È incredibile come questo Festival, gestito dal direttore - presidente Francesca Nodari, con un’energia fisica e intellettuale fuori dal comune, innalzi, anno dopo anno, l’asticella della qualità e della quantità. Gabriele Archetti presidente di Fondazione Cogeme e Giancarlo Pallavicini, membro accademico della Federazione Russa, portano il saluto con le istituzioni municipali.
Tante le persone, più del solito, nonostante, dicevamo, i fulmini e le saette, avanti e indietro, dal monte Orfano. Stefano Zamagni, economista internazionale, affronta quattro ambiti di indagine: la condivisione del lavoro, del reddito, della gioia di vivere e della democrazia. Il relatore cita il grande libro del 1944 di Carl Polany, «La grande trasformazione», riferendo sui poli delle mutazioni nelle prime due rivoluzioni industriali.

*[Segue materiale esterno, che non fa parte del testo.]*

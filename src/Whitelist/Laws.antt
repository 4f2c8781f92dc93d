-- ===== src/Whitelist/Laws.antt =====
-- Whom the whitelist names.
use padlock_cloud.Prelude.{
  ◌≡◌, refl, ap, ◌∙◌, ◌||◌, Bool, true, false, Bool-cases, inl, inr, Option, some, List, [], ◌∷◌,
  Text, text_eq, if◌then◌else◌,
}
use padlock_cloud.Dict.{Dict, lookup, insert, code_eq}
use padlock_cloud.Dict.Laws.{lookup-insert}
use padlock_cloud.Whitelist.{init_emails, new_whitelist, is_whitelisted, or_false}

-- Whether one of the lines is the email.
unfoldable pub is_line : Text → List Text → Bool
is_line email [] = false
is_line email (line ∷ lines) = text_eq email line || is_line email lines

lookup-init_emails :
    (email : Text) (lines : List Text) (d : Dict Text Bool)
    → lookup email (init_emails lines d)
      ≡ (if is_line email lines then some true else lookup email d)
unfolding init_emails is_line
lookup-init_emails email [] d = refl
lookup-init_emails email (line ∷ lines) d =
    lookup-init_emails email lines (insert line true d) ∙ elim (Bool-cases (text_eq email line)) [
      | inl e ↦ rw (lookup-insert email line true d, e) (either (is_line email lines))
      | inr e ↦ rw (lookup-insert email line true d, e) refl
    ]
  where
    either : (b : Bool) → ◌≡◌ {A = Option Bool} (if b then some true else some true) (some true)
    either true = refl
    either false = refl

-- A whitelist that is read from a file names an email exactly when a line of the file is that email as
-- it stands: spaces and capitals count.
pub is_whitelisted-new_whitelist :
    (email : Text) (lines : List Text)
    → is_whitelisted email (new_whitelist lines) ≡ is_line email lines
unfolding is_whitelisted new_whitelist lookup
is_whitelisted-new_whitelist email lines =
    ap (λ (o : Option Bool). or_false o) (lookup-init_emails email lines [])
    ∙ elim (Bool-cases (is_line email lines)) [ inl e ↦ rw e refl | inr e ↦ rw e refl ]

Modelli. Dice Zamagni, si è passati dal modello della piramide al modello della clessidra che si restringe nel mezzo, perdendo il vertice: c’è bisogno perciò
d’una squadra in grado di muoversi nelle specialità. Ma gli specialisti sono introvabili, gli esperti difficilmente rintracciabili. Avverte sull’incremento delle disuguaglianze, contrariamente a quanto avviene nei paesi asiatici. Ma ad est del mondo, la democrazia non è mai nata e la crescita è drogata da questa assenza di valore.

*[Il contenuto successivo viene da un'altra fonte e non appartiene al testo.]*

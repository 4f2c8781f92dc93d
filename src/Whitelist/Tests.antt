-- ===== src/Whitelist/Tests.antt =====
-- A whitelist of one line.
use padlock_cloud.Prelude.{◌≡◌, false, [], ◌∷◌, codes, text_eq}
use padlock_cloud.Whitelist.{new_whitelist, is_whitelisted}
use padlock_cloud.Whitelist.Laws.{is_line, is_whitelisted-new_whitelist}

is_whitelisted-new_whitelist_example :
    is_whitelisted (codes "a@b") (new_whitelist (codes "a@b " ∷ [])) ≡ false
unfolding is_line text_eq
is_whitelisted-new_whitelist_example =
    is_whitelisted-new_whitelist (codes "a@b") (codes "a@b " ∷ [])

L’uscita di sicurezza da queste disuguaglianze si trova quando la ricchezza sarà denudata della sua illusione, essa non dà gioia. «I soldi - sostiene Zamagni- non rendono felici le persone; la felicità sta nel rilanciare le relazioni umane...». L’ esempio riguarda l’avaro, che taglia i legami con gli altri e non fa altro che contare gli averi fino alla morte. L’utilità è diversa dalla gioia.
Zamagni, tra i maggiori esponenti dell’economia civile, rimette al centro i beni relazionali: la famiglia, i figli, gli amici, lo stare insieme, la condivisione di gioie e dolori. «Il paradigma della ricchezza come centralità della vita umana - insiste - ha mostrato la sua debolezza, va cambiato il paradigma, la ricchezza non può mettere a rischio la relazione umana».
Democrazia. L’ultima parte della lezione si riferisce alla questione della democrazia. Grandi popoli e grandi terre non conoscono la democrazia: Cina, India,
Russia, Turchia e molte altre nazioni hanno escluso la libertà al loro interno e ci rimproverano di essere in crisi economica, ci fanno lezione sulle loro sicurezze finanziarie e sul nostro debito. Dichiarano più o meno esplicitamente: «Noi facciamo a meno della democrazia e voi, con la vostra tanta democrazia, tenetevi stretto il vostro malessere sociale ed economico ». Paradossale, kafkiano, insostenibile.
La proposta di Zamagni è chiara: «Non appartengo alla schiera di chi afferma che si stava meglio quando si stava peggio. Non sono d’accordo con chi vede nel nostro tempo la fine di tutto. Dobbiamo assicurare ai giovani la dignità di un posto di lavoro, il valore che la ricchezza non produce gioia di vivere. Non vanno lasciati soli, i giovani, a guardare l’altro, dobbiamo condividere il nostro e loro sguardo e credere in una gioia di vivere equilibrata da una maggiore forza delle relazioni umane».
Zamagni prende in prestito Tagore per annunciare l’alba di un ricominciare: «Quando il sole tramonta non piangere perché le lacrime ti impedirebbero di vedere le stelle».